- _EXERCISE_
Among the entries that follow, the required portion opens with the line containing "(1 ≤ departing combined)" and closes with the line containing "abbrev stay : ℕ → ℕ → DealInfo". Give that portion again exactly, and nothing else.

- _DATA FOR THIS EXERCISE_
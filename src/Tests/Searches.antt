-- ===== src/Tests/Searches.antt =====
-- Searches at concrete tables.
use deals_server.Prelude.{
  none, length, ◌*◌, false, zero, suc, ℕ, ◌+◌, ◌≤◌, ◌<◌, ◌≡◌, refl, ◌↔◌, ◌⊎◌, inl, inr, true, false,
  List, [], ◌∷◌, line, ok, err, bad, arith,
}
use deals_server.Types.Date.{undefined_date}
use deals_server.Types.Date.Order.{number}
use deals_server.Query.Search.{Garbage, SearchQuery, fresh}
use deals_server.Query.Setters.{departure_dates}
use deals_server.Query.Dates.{departure_dates-number}
use deals_server.Deals.Info.{DealInfo, no_deal, equal, outdates, find_cheapest_and_last}
use deals_server.Deals.Info.Last.{Among, NoneOutdates, newest, find_cheapest_and_last-Among}
use deals_server.Deals.Filter.{selects, set_min_timestamp}
use deals_server.Deals.Filter.Matches.{Matches, selects-Matches}
use deals_server.Deals.Group.{history}
use deals_server.Deals.Group.Member.{IsDistinct, IsMember, IsCheapest}
use deals_server.Deals.Group.Best.{groups_of, process_elements-IsCheapest}
use deals_server.Deals.ByDate.{
  ByDay, departing, returning, check_input_params, pre_search, set_limit, sorts_before,
}
use deals_server.Deals.ByDate.Limits.{pre_search-combinations}
use deals_server.Deals.ByDate.Ordering.{IsAround, sorts_before-IsStrict}
use deals_server.Deals.Search.{IsSortedBy, price_before, cheapest_by_destination}
use deals_server.Deals.Search.Results.{cheapest_by_destination-IsCheapest}
use deals_server.Deals.Adding.{NewDeal, Stored, add_deal}
use deals_server.Deals.Adding.Stays.{add_deal-none}
use deals_server.Tests.Sorts.{by_insertion}
use deals_server.Tests.Calendar.{
  may_ordered, first_of_may, end_of_may, first-IsCalendar, end-IsCalendar,
}

abbrev garbage : Garbage
garbage = record {
  origin_value = 7;
  departure_date_values = record { from = 1; to = 2; duration = 3 };
  return_date_values = record { from = 4; to = 5; duration = 6 };
  exact_date_value = 8;
  timestamp_value = 9;
  direct_flights_flag = true;
  roundtrip_flight_flag = false;
  departure_weekdays_bitmask = 1;
  return_weekdays_bitmask = 2;
  stay_days_values = record { from = 0; to = 3 };
  locale_value = 0;
}

-- From place 7, with direct flights only.
abbrev from_seven : SearchQuery
from_seven = record (fresh garbage) {
  filter_origin = true;
  origin_value = 7;
  filter_flight_by_stops = true;
}

abbrev deal_at : ℕ → ℕ → ℕ → DealInfo
deal_at when day price = record no_deal {
  timestamp = when;
  origin = 7;
  destination = 9;
  departure_date = day;
  price = price;
  direct = true;
}

abbrev pub table : List DealInfo
table = deal_at 100 20160501 90 ∷ deal_at 101 20160502 70 ∷ deal_at 102 20160503 80 ∷ []

pub table-IsDistinct : IsDistinct [] table
unfolding equal
table-IsDistinct = (
  omega arith,
  (λ x a. absurd a),
  (
    omega arith,
    (λ x a. elim a [ inl e ↦ rw e refl | inr b ↦ absurd b ]),
    (
      omega arith,
      (λ x a. elim a [
        | inl e ↦ rw e refl
        | inr b ↦ elim b [ inl e ↦ rw e refl | inr c ↦ absurd c ]
      ]),
      tt,
    ),
  ),
)

process_elements-IsCheapest_example :
    (((d : DealInfo) → Among d table → IsMember from_seven (λ d. d.destination) 9 d → ⊥)
      × (history 9 (groups_of from_seven (λ d. d.destination) table) ≡ []))
    ⊎ IsCheapest from_seven
        (λ d. d.destination)
        9
        table
        (find_cheapest_and_last (history 9 (groups_of from_seven (λ d. d.destination) table)))
process_elements-IsCheapest_example =
    process_elements-IsCheapest from_seven (λ d. d.destination) 9 table table-IsDistinct

selects-Matches_example :
    (selects from_seven (deal_at 100 20160501 90) ≡ true)
    ↔ Matches from_seven (deal_at 100 20160501 90)
selects-Matches_example = selects-Matches from_seven (deal_at 100 20160501 90)

find_cheapest_and_last-Among_example : Among (find_cheapest_and_last table) table
find_cheapest_and_last-Among_example =
    find_cheapest_and_last-Among (deal_at 100 20160501 90)
      (deal_at 101 20160502 70 ∷ deal_at 102 20160503 80 ∷ [])

abbrev seen_again : List DealInfo
seen_again = deal_at 100 20160501 90 ∷ deal_at 102 20160501 80 ∷ []

seen_again-NoneOutdates :
    NoneOutdates (newest (deal_at 100 20160501 90) (deal_at 102 20160501 80 ∷ [])) seen_again
unfolding equal
seen_again-NoneOutdates zero h = refl
seen_again-NoneOutdates (suc zero) h = refl
seen_again-NoneOutdates (suc (suc i)) h = absurd (omega arith)

older_last : outdates (deal_at 103 20160501 90) (deal_at 102 20160501 80) ≡ true
unfolding equal
older_last = refl

departure_dates-number_example :
    (number first_of_may ≤ number end_of_may
      → (n : ℕ) × (departure_dates from_seven first_of_may end_of_may
          ≡ ok (record from_seven {
            filter_departure_date = true;
            departure_date_values = record { from = 20160501; to = 20160531; duration = n };
          }))
        × (n + number first_of_may ≡ number end_of_may + 1))
    × (number end_of_may < number first_of_may
        → departure_dates from_seven first_of_may end_of_may
          ≡ err (bad (line "departure_dates departure_date_from > departure_date_to")))
departure_dates-number_example =
    departure_dates-number from_seven first_of_may end_of_may first-IsCalendar end-IsCalendar

cheapest_by_destination-IsCheapest_example :
    (rs : List DealInfo) × (cheapest_by_destination ⦃s = by_insertion⦄ 0 90000 from_seven table
      ≡ ok rs)
    × (length rs ≤ from_seven.filter_result_limit)
    × IsSortedBy price_before rs
    × ((r : DealInfo)
        → Among r rs
        → IsCheapest
            (set_min_timestamp 0 90000 from_seven)
            (λ d. d.destination)
            r.destination
            table
            r)
    × (length rs < from_seven.filter_result_limit
        → (d : DealInfo) → Among d table
        → selects (set_min_timestamp 0 90000 from_seven) d ≡ true
        → (r : DealInfo) × Among r rs × (r.destination ≡ d.destination))
cheapest_by_destination-IsCheapest_example =
    cheapest_by_destination-IsCheapest by_insertion 0 90000 from_seven table table-IsDistinct refl

-- Ten days out and three back, in all combinations.
abbrev combined : SearchQuery
combined = record from_seven {
  filter_departure_date = true;
  departure_date_values = record { from = 20160501; to = 20160510; duration = 10 };
  filter_return_date = true;
  return_date_values = record { from = 20160511; to = 20160513; duration = 3 };
  filter_all_combinations = true;
}

abbrev by_day : ByDay
by_day = record {
  query = record combined { filter_result_limit = 30 };
  group_by_return_date = false;
}

combined_accepted : pre_search combined ≡ ok by_day
unfolding pre_search check_input_params set_limit
combined_accepted = refl

pre_search-combinations_example :
    (1 ≤ departing combined)
    × (departing combined ≤ 11)
    × (1 ≤ returning combined)
    × (returning combined ≤ 11)
    × (by_day.query.filter_result_limit ≡ departing combined * returning combined)
pre_search-combinations_example =
    pre_search-combinations combined by_day combined_accepted refl refl

-- Around 2016-05-02.
abbrev around : ByDay
around = record {
  query = record from_seven { filter_exact_date = true; exact_date_value = 20160502 };
  group_by_return_date = false;
}

abbrev stay : ℕ → ℕ → DealInfo
stay out back = record no_deal { departure_date = out; return_date = back }

abbrev back_then : DealInfo
back_then = stay 20160430 20160502

abbrev day_trip : DealInfo
day_trip = stay 20160502 20160502

abbrev out_then : DealInfo
out_then = stay 20160502 20160509

back_then-IsAround : IsAround around back_then
back_then-IsAround = record { meets = λ e. inl refl; ordered = λ e. omega arith }

day_trip-IsAround : IsAround around day_trip
day_trip-IsAround = record { meets = λ e. inl refl; ordered = λ e. omega arith }

out_then-IsAround : IsAround around out_then
out_then-IsAround = record { meets = λ e. inr refl; ordered = λ e. omega arith }

sorts_before-IsStrict_example :
    (sorts_before around back_then back_then ≡ false)
    × (sorts_before around back_then day_trip ≡ true
        → sorts_before around day_trip out_then ≡ true
        → sorts_before around back_then out_then ≡ true)
sorts_before-IsStrict_example =
    sorts_before-IsStrict around back_then day_trip out_then back_then-IsAround day_trip-IsAround
      out_then-IsAround

one_day : number first_of_may ≤ number end_of_may
one_day = may_ordered

abbrev one_way : NewDeal
one_way = record {
  origin = record { paramter_undefined = false; code = 7 };
  destination = record { paramter_undefined = false; code = 9 };
  destination_country = record { paramter_undefined = false; code = 184 };
  departure_date = first_of_may;
  return_date = undefined_date;
  direct_flight = record { paramter_undefined = false; value = true };
  price = record { paramter_undefined = false; value = 90 };
}

abbrev at_front : Stored
at_front = record { page_name = []; index = 0; size = 12 }

add_deal-none_example : add_deal 100 at_front one_way ≡ none
add_deal-none_example = add_deal-none 100 at_front one_way refl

- _SOLUTION FOR THIS TASK_
    (1 ≤ departing combined)
    × (departing combined ≤ 11)
    × (1 ≤ returning combined)
    × (returning combined ≤ 11)
    × (by_day.query.filter_result_limit ≡ departing combined * returning combined)
pre_search-combinations_example =
    pre_search-combinations combined by_day combined_accepted refl refl

-- Around 2016-05-02.
abbrev around : ByDay
around = record {
  query = record from_seven { filter_exact_date = true; exact_date_value = 20160502 };
  group_by_return_date = false;
}

abbrev stay : ℕ → ℕ → DealInfo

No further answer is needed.